Voilà cinq ans que Carhaix délivre des livrets de famille bilingues français-breton. Une pratique qui jusqu’à présent n’avait soulevé aucune objection des services de l’État ni de la justice. Mais pas sûr qu’elle puisse perdurer. Une demande de duplicata d’un couple, dont l’un des membres est né en Allemagne, pourrait bien la remettre en cause.
Saisi -comme le veut la loi dans le cas d’un Français né à l’étranger- le ministère des Affaires étrangères (bureau de Nantes) a, en effet, refusé de procéder à la mise à jour du livret de famille en question. «(…) Seule la langue française, langue de la République, doit être utilisée dans les actes publics», indique, pour justifier ce refus, le chef du service central d’état-civil qui s’appuie, notamment, sur la loi n°118 du… 2 Thermidor An II (20 juillet 1794).
1.500 livrets français-breton
Dans la foulée, le parquet de Brest a également adressé un courrier au maire de Carhaix, Christian Troadec, pour lui rappeler que «la législation actuelle s’oppose à la délivrance de tels livrets». En l’invitant «à faire toutes les observations nécessaires sur la réalité de cette pratique».
Une pratique assurément bien réelle, que Carhaix a été la première à mettre en place dans le cadre de la promotion de la langue bretonne. 1.500 livrets de ce type ont déjà été délivrés aux familles. Christian Troadec l’assume totalement. «L’ensemble des textes réglementaires figure en français dans le document. Il y a juste une traduction réalisée par l’Office de la langue bretonne», souligne le maire qui explique cette affaire par le geste d’un fonctionnaire zélé.
Qu’en est-il précisément de la loi? Joint, le parquet de Brest persiste dans sa position. «C’est une pratique illégale, les actes d’État doivent être exclusivement rédigés en français. Les quelques textes internationaux qui ont tenté de donner une nouvelle place aux langues minoritaires n’ont jamais été transcrits dans le droit français».
Le tribunal administratif saisi
Le constitutionnaliste Guy Carcassonne est lui plus nuancé. «Une langue minoritaire ne peut pas être imposée mais je ne pense pas qu’elle puisse être interdite». La position du ministère lui paraît en tout cas rigoriste. D’autant, explique-t-il, que «maintenant l’article75-1 de la Constitution dit que les langues régionales font partie du patrimoine de la France».

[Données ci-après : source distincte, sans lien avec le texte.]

-- ===== src/SafeTool.antt =====
-- internal/tools/safe_executor.go and the policy type of internal/tools/policies.go: the gates that
-- a tool call passes before it is sent upstream, and the retries of the call. The inner executor,
-- the user, the lookup of a backend zone and the wait between two attempts are the surroundings
-- `ToolEnv`, over a state of their own. The log records, newest first, what was announced, asked
-- and sent. What is done with the raw result afterwards is in Results.
pub mod Types
pub mod Params
pub mod Gates
pub mod Attempts
pub mod Policies
pub mod Results
mod Examples
use compshare_agent.Prelude.{
  ℕ, zero, suc, ◌+◌, ◌-◌, ◌*◌, ◌^◌, String, Bool, true, false, ◌&&◌, ◌||◌, not, Option, none, some,
  List, [], ◌∷◌, ◌++◌, Except, ok, err, ltb, leb, ◌==◌, if◌then◌else◌, str_eq,
}
use compshare_agent.Value.{
  Value, Items, Fields, null, num, str, arr, nil, cons, end, field, get_field,
}
use compshare_agent.Workflow.Types.{GoError}
use compshare_agent.SafeTool.Types.{
  ActionRoute, external_api, knowledge, workflow, diagnosis, handoff, ActionClass, read_cheap,
  read_expensive_default, read_expensive_per_target, mutating, destructive, Level, l0, l1, l2,
  ErrorClass, network, eof, http_5xx, ExecutionOrigin, unset, direct_llm, workflow_internal,
  diagnosis_internal, Policy, CallError, ToolError, policy_missing, destructive_action,
  user_declined, mutating_action_disabled, non_external_action, tool_cap_exceeded,
  history_window_exceeded, history_without_target, zone_unresolved, call_failed, wait_cancelled,
  Args, Event, confirm_needed, before_call, sent, answered, Gate, ToolEnv, is_external, is_l2,
  is_destructive, is_mutating, class_eq, is_internal,
}
use compshare_agent.SafeTool.Params.{
  contains, append_allowed_param, append_all, allowed_params_for_origin, pick, filter_safe_args,
  items_length, value_len, is_null, count_requested_targets, max_int64, seconds_arg, window_between,
  window_of_seconds, window_of_values, requested_history_window_seconds, check_window,
  check_policy_caps,
}

-- `if req.Origin == "" { req.Origin = OriginDirectLLM }`.
pub default_origin : ExecutionOrigin → ExecutionOrigin
default_origin unset = direct_llm
default_origin o = o

pub should_confirm : Policy → ExecutionOrigin → Bool
should_confirm policy origin = policy.needs_confirm && not (is_internal origin)

pub any_class : ErrorClass → List ErrorClass → Bool
any_class have [] = false
any_class have (want ∷ ws) = if class_eq have want then true else any_class have ws

pub share_class : List ErrorClass → List ErrorClass → Bool
share_class [] wants = false
share_class (h ∷ hs) wants = if any_class h wants then true else share_class hs wants

pub should_retry : CallError → List ErrorClass → Bool
should_retry e retry_on = not e.never_retried && share_class e.classes retry_on

module _ {W : Type 0} (env : ToolEnv W) where
  abbrev pub note : Event → Gate W → Gate W
  note e p = record p { log = e ∷ p.log }

  pub send : String → Args → Gate W → Gate W × Except CallError Args
  send action args p =
      let (w, reply) = env.execute p.world action args in
      (record { world = w; log = sent action args ∷ p.log }, reply)

  -- The wait between two attempts, and the attempts after it.
  pub wait_then :
      ℕ
      → (Gate W → Gate W × Except ToolError (Args × ℕ))
      → Gate W
      → Gate W × Except ToolError (Args × ℕ)
  wait_then wait again p =
      if ltb 0 wait
      then (let (w, done) = env.wait p.world wait in
          elim done [
            | none ↦ again (record p { world = w })
            | some e ↦ (record p { world = w }, err (wait_cancelled e))
          ])
      else again p

  pub last_attempt : ℕ → Gate W × Except CallError Args → Gate W × Except ToolError (Args × ℕ)
  last_attempt attempts (q, ok raw) = (q, ok (raw, attempts))
  last_attempt attempts (q, err e) = (q, err (call_failed e.cause))

  pub after_attempt :
      ℕ
      → Policy
      → (Gate W → Gate W × Except ToolError (Args × ℕ))
      → Gate W × Except CallError Args
      → Gate W × Except ToolError (Args × ℕ)
  after_attempt attempts policy again (q, ok raw) = (q, ok (raw, attempts))
  after_attempt attempts policy again (q, err e) =
      if should_retry e policy.retry_on
      then wait_then (policy.backoff_base_ms * attempts) again q
      else (q, err (call_failed e.cause))

  -- The loop of executeWithRetry, with `left` attempts after this one.
  pub attempt_loop : ℕ → ℕ → Policy → String → Args → Gate W → Gate W × Except ToolError (Args × ℕ)
  attempt_loop zero attempts policy action args p = last_attempt attempts (send action args p)
  attempt_loop (suc left) attempts policy action args p =
      after_attempt attempts policy (attempt_loop left (suc attempts) policy action args)
        (send action args p)

  pub execute_with_retry : Policy → String → Args → Gate W → Gate W × Except ToolError (Args × ℕ)
  execute_with_retry policy action args p = attempt_loop policy.max_retries 1 policy action args p

  pub run_call : Policy → String → Args → Gate W → Gate W × Except ToolError (Args × ℕ)
  run_call policy action args p =
      execute_with_retry policy action args (note (before_call action args) p)

  -- `s.confirm != nil && s.confirm(...)`.
  pub answer : Option (W → String → Args → W × Bool) → String → Args → Gate W → Gate W × Bool
  answer none action args q = (q, false)
  answer (some confirm) action args q =
      let (w, agreed) = confirm q.world action args in
      (record { world = w; log = answered action args agreed ∷ q.log }, agreed)

  pub ask : String → Args → Gate W → Gate W × Bool
  ask action args p = answer env.confirm action args (note (confirm_needed action args) p)

  pub if_agreed : Policy → String → Args → Gate W × Bool → Gate W × Except ToolError (Args × ℕ)
  if_agreed policy action args (q, true) = run_call policy action args q
  if_agreed policy action args (q, false) = (q, err (user_declined action))

  pub confirm_then :
      Policy → ExecutionOrigin → String → Args → Gate W → Gate W × Except ToolError (Args × ℕ)
  confirm_then policy origin action args p =
      if should_confirm policy origin
      then if_agreed policy action args (ask action args p)
      else run_call policy action args p

  pub after_zone :
      Policy
      → ExecutionOrigin
      → String
      → Gate W × Except GoError Args
      → Gate W × Except ToolError (Args × ℕ)
  after_zone policy origin action (q, err e) = (q, err (zone_unresolved e))
  after_zone policy origin action (q, ok args) =
      elim (check_policy_caps env.parse_int policy args) [
        | some e ↦ (q, err e)
        | none ↦ confirm_then policy origin action args q
      ]

  pub resolve_zone : String → Args → Gate W → Gate W × Except GoError Args
  resolve_zone action args p =
      let (w, resolved) = env.resolve_backend_zone_id p.world action args in
      (record p { world = w }, resolved)

  -- The gates of ExecuteSafe on the policy.
  pub refuse : Policy → String → Option ToolError
  refuse policy action =
      if not (is_external policy.route)
      then some (non_external_action action policy.route)
      else if is_l2 policy.security_level || is_destructive policy.class
      then some (destructive_action action)
      else if not env.mutating_tools_enabled && is_mutating policy.class
      then some (mutating_action_disabled action)
      else none

  -- SafeToolExecutor.ExecuteSafe, up to the raw result and the number of attempts.
  pub execute_safe : String → Args → ExecutionOrigin → Gate W → Gate W × Except ToolError (Args × ℕ)
  execute_safe action args origin p = elim (env.policies action) [
    | none ↦ (p, err (policy_missing action))
    | some policy ↦ elim (refuse policy action) [
      | some e ↦ (p, err e)
      | none ↦ after_zone policy (default_origin origin) action (
          resolve_zone action
            (filter_safe_args args (allowed_params_for_origin policy (default_origin origin))) p)
    ]
  ]
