-- ===== src/Service/Server.antt =====
-- src/service/server.rs: one request, one connection, and the accept loop.
pub mod Setup
pub mod Request
pub mod Connection
pub mod Accept
pub mod Task
pub mod World
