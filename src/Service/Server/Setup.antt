-- ===== src/Service/Server/Setup.antt =====
-- src/service/server.rs: `serve` before its loop, and the cleanup behind it. Where the source says
-- `cfg(unix)`, the target is macOS or Linux.
pub mod Kept
pub mod Bound
use sc_helper.Prelude.{ℕ, Bool, true, false, Option, none, some, ◌++◌, [], Text, codes}
use sc_helper.Prelude.Program.{Program, pure, or_fail, ◌>>=◌, ◌>>◌}
use sc_helper.Paths.Macos.{socket_path as macos_socket}
use sc_helper.Paths.Linux.{socket_path as linux_socket}
use sc_helper.Service.Os.{Target, macos, linux, windows, Env}
use sc_helper.Service.State.{Daemon, socket_override, exists, remove_file, bind, set_permissions}

-- The end of `socket_path`, by what the variable holds. There is none on Windows.
unfoldable pub socket_or : Target → Option Text → Text
socket_or target (some over) = over
socket_or macos none = macos_socket
socket_or linux none = linux_socket
socket_or windows none = []

-- 0o666
abbrev pub socket_mode : ℕ
socket_mode = 438

module _ (env : Env) where
  unfoldable pub socket_path : Target → Program Daemon Text
  unfolding socket_or
  socket_path target = do over ← socket_override env; pure (socket_or target over)

  unfoldable pub remove_stale : Text → Bool → Program Daemon (Unit {0})
  remove_stale path true = do
    r ← remove_file env path
    or_fail (codes "removing stale socket " ++ path) r
  remove_stale path false = pure tt

  unfoldable pub set_up : Target → Program Daemon Text
  set_up target = do
    path ← socket_path target
    stale ← exists env path
    remove_stale path stale
    r ← bind env path
    or_fail (codes "binding " ++ path) r
    q ← set_permissions env path socket_mode
    or_fail (codes "chmod 666 " ++ path) q
    pure path

  -- Its result is not looked at.
  unfoldable pub clean_up : Text → Daemon → Daemon
  clean_up path d = (remove_file env path d).1
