-- ===== src/Service/Server/Accept.antt =====
-- src/service/server.rs: `serve`, and src/bin/sc_helper.rs: what `main` does around it. A
-- connection's task runs to its end before another starts. A panic of it aborts the process
-- (Cargo.toml, `panic` of the release profile).
pub mod Kept
pub mod Listening
pub mod Shutdown
pub mod Laws
use sc_helper.Prelude.{◌≡◌, ◌≢◌, Bool, true, false, some, none, [], Text}
use sc_helper.Prelude.Program.{Outcome, done, failed, panicked, stuck}
use sc_helper.Ipc.Frame.{Stream}
use sc_helper.Service.Os.{Env, windows}
use sc_helper.Service.State.{Daemon, sender, new_supervisor, sleep_ms}
use sc_helper.Service.Core.{stop}
use sc_helper.Service.Server.Setup.{set_up, clean_up}
use sc_helper.Service.Server.Request.{Build}
use sc_helper.Service.Server.Connection.{Session, handle_connection}

-- Where the daemon is: at the start of `main`, in the loop, with the socket's path, behind `serve`,
-- at the end of `main`, at its end by an error of `serve`, or aborted by a panic.
pub data Server : Type 0 where
  launching : Daemon → Server
  accepting : Text → Daemon → Server
  drained exited broken aborted : Daemon → Server

abbrev pub daemon_of : Server → Daemon
daemon_of (launching d) = d
daemon_of (accepting path d) = d
daemon_of (drained d) = d
daemon_of (exited d) = d
daemon_of (broken d) = d
daemon_of (aborted d) = d

-- `new_shared_supervisor`, and a fresh shutdown channel.
unfoldable pub new_daemon : Daemon
unfolding new_supervisor
new_daemon = record {
  supervisor = new_supervisor;
  trigger = some sender;
  shutdown_sent = false;
  trace = [];
}

-- The loop is entered, or `?` ends `serve` and `main`.
unfoldable pub entered : Outcome Text × Daemon → Server
entered (done path, d) = accepting path d
entered (failed e, d) = broken d
entered (panicked e, d) = aborted d
entered (stuck, d) = broken d

-- The end of a connection's task, which is looked at by nobody; a panic is the end of the process.
unfoldable pub returned : Text → Outcome (Unit {0}) × Session → Server
returned path (done u, s) = accepting path s.daemon
returned path (failed e, s) = accepting path s.daemon
returned path (panicked e, s) = aborted s.daemon
returned path (stuck, s) = accepting path s.daemon

module _ (build : Build) (env : Env) where
  -- The set-up, one turn of the `select!`, or the stop behind `serve`.
  pub data Step : Server → Server → Type 0 where
    set_up_done :
        (d : Daemon)
        → build.target ≢ windows
        → Step (launching d) (entered (set_up env build.target d))
    -- there is no server on Windows
    no_server : (d : Daemon) → build.target ≡ windows → Step (launching d) (drained d)
    -- a connection's task, once its frame has come or its client has closed
    connected :
        (path : Text) (stream : Stream) (d : Daemon)
        → Step
            (accepting path d)
            (returned path (handle_connection build env (record { stream = stream; daemon = d })))
    -- `accept` has an error
    accept_failed :
        (path : Text) (d : Daemon) → Step (accepting path d) (accepting path (sleep_ms 0 200 d).1)
    -- SIGTERM or SIGINT
    signalled : (path : Text) (d : Daemon) → Step (accepting path d) (drained (clean_up env path d))
    -- `ipc_shutdown_rx` has what `fire` sent
    shut_down :
        (path : Text) (d : Daemon)
        → d.shutdown_sent ≡ true
        → Step (accepting path d) (drained (clean_up env path d))
    ended : (d : Daemon) → Step (drained d) (exited (stop env build.target d).1)

  -- What the daemon comes to, from its start.
  pub data Reach : Server → Type 0 where
    launched : Reach (launching new_daemon)
    stepped : {s t : Server} → Reach s → Step s t → Reach t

Pour avoir le coeur net sur la légalité du document, la commune centre-bretonne a décidé de saisir le tribunal administratif. Reste à savoir s’il se déclarera compétent sur cette question. Pas sûr. Une question, souligne Christian Troadec, qui pourrait être définitivement réglée avec la ratification par la France de la charte des langues minoritaires. Une promesse du candidat Hollande.